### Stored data
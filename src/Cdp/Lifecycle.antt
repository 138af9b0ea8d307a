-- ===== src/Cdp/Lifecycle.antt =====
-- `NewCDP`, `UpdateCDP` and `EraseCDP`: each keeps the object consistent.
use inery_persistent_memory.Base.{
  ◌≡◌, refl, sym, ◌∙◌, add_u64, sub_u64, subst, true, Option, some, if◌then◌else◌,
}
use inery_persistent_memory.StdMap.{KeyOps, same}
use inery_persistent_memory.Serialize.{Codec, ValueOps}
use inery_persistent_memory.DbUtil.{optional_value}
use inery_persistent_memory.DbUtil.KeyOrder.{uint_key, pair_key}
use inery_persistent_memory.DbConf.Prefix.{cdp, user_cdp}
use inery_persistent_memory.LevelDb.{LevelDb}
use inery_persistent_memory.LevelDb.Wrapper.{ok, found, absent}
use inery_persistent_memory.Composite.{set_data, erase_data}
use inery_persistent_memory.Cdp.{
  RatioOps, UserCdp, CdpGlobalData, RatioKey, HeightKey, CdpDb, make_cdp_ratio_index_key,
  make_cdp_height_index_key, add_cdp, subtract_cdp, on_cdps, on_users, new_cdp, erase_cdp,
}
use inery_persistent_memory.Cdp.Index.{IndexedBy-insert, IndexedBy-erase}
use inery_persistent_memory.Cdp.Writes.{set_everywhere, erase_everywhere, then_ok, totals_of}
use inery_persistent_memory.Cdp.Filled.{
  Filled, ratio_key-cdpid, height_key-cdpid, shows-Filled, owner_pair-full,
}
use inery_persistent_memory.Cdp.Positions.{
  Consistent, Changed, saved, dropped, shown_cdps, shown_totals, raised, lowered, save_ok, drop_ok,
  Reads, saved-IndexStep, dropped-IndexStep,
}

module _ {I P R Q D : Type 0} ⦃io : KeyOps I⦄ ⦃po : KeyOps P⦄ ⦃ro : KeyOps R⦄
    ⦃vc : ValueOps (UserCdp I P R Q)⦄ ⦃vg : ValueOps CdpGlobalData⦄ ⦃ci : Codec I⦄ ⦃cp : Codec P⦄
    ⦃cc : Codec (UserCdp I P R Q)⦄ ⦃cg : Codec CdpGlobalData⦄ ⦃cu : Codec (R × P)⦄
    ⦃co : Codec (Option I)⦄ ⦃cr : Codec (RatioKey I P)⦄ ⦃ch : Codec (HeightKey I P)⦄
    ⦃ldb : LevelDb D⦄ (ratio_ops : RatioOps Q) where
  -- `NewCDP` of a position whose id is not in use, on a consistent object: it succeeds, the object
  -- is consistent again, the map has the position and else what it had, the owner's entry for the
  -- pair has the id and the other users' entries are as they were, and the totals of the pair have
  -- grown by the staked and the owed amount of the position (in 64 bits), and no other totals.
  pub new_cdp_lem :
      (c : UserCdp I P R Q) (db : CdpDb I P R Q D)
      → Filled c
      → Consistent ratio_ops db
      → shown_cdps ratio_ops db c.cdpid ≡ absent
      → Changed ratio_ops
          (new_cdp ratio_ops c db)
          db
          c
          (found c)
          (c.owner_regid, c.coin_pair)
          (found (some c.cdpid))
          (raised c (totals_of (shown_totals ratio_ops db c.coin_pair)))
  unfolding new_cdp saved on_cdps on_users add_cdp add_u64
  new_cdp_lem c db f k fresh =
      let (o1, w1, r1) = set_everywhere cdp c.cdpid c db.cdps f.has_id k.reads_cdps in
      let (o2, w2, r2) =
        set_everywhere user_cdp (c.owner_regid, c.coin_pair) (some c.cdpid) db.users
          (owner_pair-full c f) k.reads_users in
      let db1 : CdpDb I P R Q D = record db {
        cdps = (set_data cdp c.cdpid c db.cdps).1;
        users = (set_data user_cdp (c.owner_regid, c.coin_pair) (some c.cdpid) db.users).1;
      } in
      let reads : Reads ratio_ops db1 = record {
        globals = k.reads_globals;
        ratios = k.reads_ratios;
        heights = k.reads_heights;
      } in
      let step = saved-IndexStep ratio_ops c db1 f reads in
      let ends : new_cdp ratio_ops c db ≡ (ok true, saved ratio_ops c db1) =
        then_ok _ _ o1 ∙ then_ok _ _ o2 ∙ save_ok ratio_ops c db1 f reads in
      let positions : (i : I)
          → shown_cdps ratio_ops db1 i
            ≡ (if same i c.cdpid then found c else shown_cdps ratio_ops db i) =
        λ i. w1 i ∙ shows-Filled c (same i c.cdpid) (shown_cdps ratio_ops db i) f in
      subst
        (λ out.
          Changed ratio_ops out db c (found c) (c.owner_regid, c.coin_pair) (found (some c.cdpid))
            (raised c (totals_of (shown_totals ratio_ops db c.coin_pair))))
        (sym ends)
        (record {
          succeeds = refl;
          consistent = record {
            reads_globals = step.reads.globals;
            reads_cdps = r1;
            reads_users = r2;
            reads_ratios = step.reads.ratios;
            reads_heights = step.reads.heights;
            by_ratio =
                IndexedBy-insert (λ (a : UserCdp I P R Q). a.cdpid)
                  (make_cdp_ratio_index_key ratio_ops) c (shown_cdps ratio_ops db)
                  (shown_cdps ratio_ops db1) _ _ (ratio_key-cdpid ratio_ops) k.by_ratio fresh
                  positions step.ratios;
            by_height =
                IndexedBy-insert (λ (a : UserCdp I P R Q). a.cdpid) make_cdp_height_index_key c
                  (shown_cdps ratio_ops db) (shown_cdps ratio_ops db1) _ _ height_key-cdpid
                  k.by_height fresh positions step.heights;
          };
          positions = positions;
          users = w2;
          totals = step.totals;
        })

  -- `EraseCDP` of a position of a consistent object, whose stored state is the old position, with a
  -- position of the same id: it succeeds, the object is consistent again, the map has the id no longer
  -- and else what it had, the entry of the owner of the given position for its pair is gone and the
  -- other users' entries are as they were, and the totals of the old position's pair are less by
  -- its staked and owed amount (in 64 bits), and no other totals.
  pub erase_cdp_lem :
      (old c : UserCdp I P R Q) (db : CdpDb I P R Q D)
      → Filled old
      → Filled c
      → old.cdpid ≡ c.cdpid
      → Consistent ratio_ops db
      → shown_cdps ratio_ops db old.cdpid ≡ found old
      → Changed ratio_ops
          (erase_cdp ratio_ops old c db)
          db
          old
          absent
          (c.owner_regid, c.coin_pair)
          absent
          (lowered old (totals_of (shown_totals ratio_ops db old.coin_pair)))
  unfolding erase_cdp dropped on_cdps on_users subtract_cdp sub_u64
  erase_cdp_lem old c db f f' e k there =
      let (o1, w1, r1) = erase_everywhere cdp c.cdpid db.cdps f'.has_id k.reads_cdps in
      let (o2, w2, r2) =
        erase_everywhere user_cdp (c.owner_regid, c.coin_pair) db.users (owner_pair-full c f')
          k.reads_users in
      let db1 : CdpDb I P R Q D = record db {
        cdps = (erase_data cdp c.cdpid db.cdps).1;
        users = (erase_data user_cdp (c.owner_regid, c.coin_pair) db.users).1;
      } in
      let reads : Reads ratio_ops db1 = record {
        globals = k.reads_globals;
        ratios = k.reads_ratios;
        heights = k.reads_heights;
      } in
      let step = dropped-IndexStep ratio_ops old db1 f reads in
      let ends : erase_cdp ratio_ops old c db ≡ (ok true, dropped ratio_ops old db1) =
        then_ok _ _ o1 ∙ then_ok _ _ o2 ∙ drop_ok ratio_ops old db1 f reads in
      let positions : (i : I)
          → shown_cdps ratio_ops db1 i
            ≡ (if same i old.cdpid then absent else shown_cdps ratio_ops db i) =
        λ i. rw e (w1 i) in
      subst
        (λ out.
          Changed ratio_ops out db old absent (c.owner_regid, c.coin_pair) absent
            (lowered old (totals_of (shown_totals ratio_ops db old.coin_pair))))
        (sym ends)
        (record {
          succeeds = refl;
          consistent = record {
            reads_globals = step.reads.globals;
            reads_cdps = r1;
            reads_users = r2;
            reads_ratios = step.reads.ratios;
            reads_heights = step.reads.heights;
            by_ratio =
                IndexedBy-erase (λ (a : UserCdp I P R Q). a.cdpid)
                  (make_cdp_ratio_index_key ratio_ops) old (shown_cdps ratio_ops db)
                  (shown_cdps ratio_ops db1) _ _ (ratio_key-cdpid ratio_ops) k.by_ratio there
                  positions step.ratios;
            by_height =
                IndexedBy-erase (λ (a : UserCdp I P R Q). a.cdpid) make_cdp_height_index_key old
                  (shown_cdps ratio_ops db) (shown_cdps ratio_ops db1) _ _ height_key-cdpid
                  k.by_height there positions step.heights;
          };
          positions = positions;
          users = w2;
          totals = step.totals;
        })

### EXERCISE REQUIREMENTS
Answer with a single number: the count of lines in the records that contain "staked".

### RESPONSE AREA
2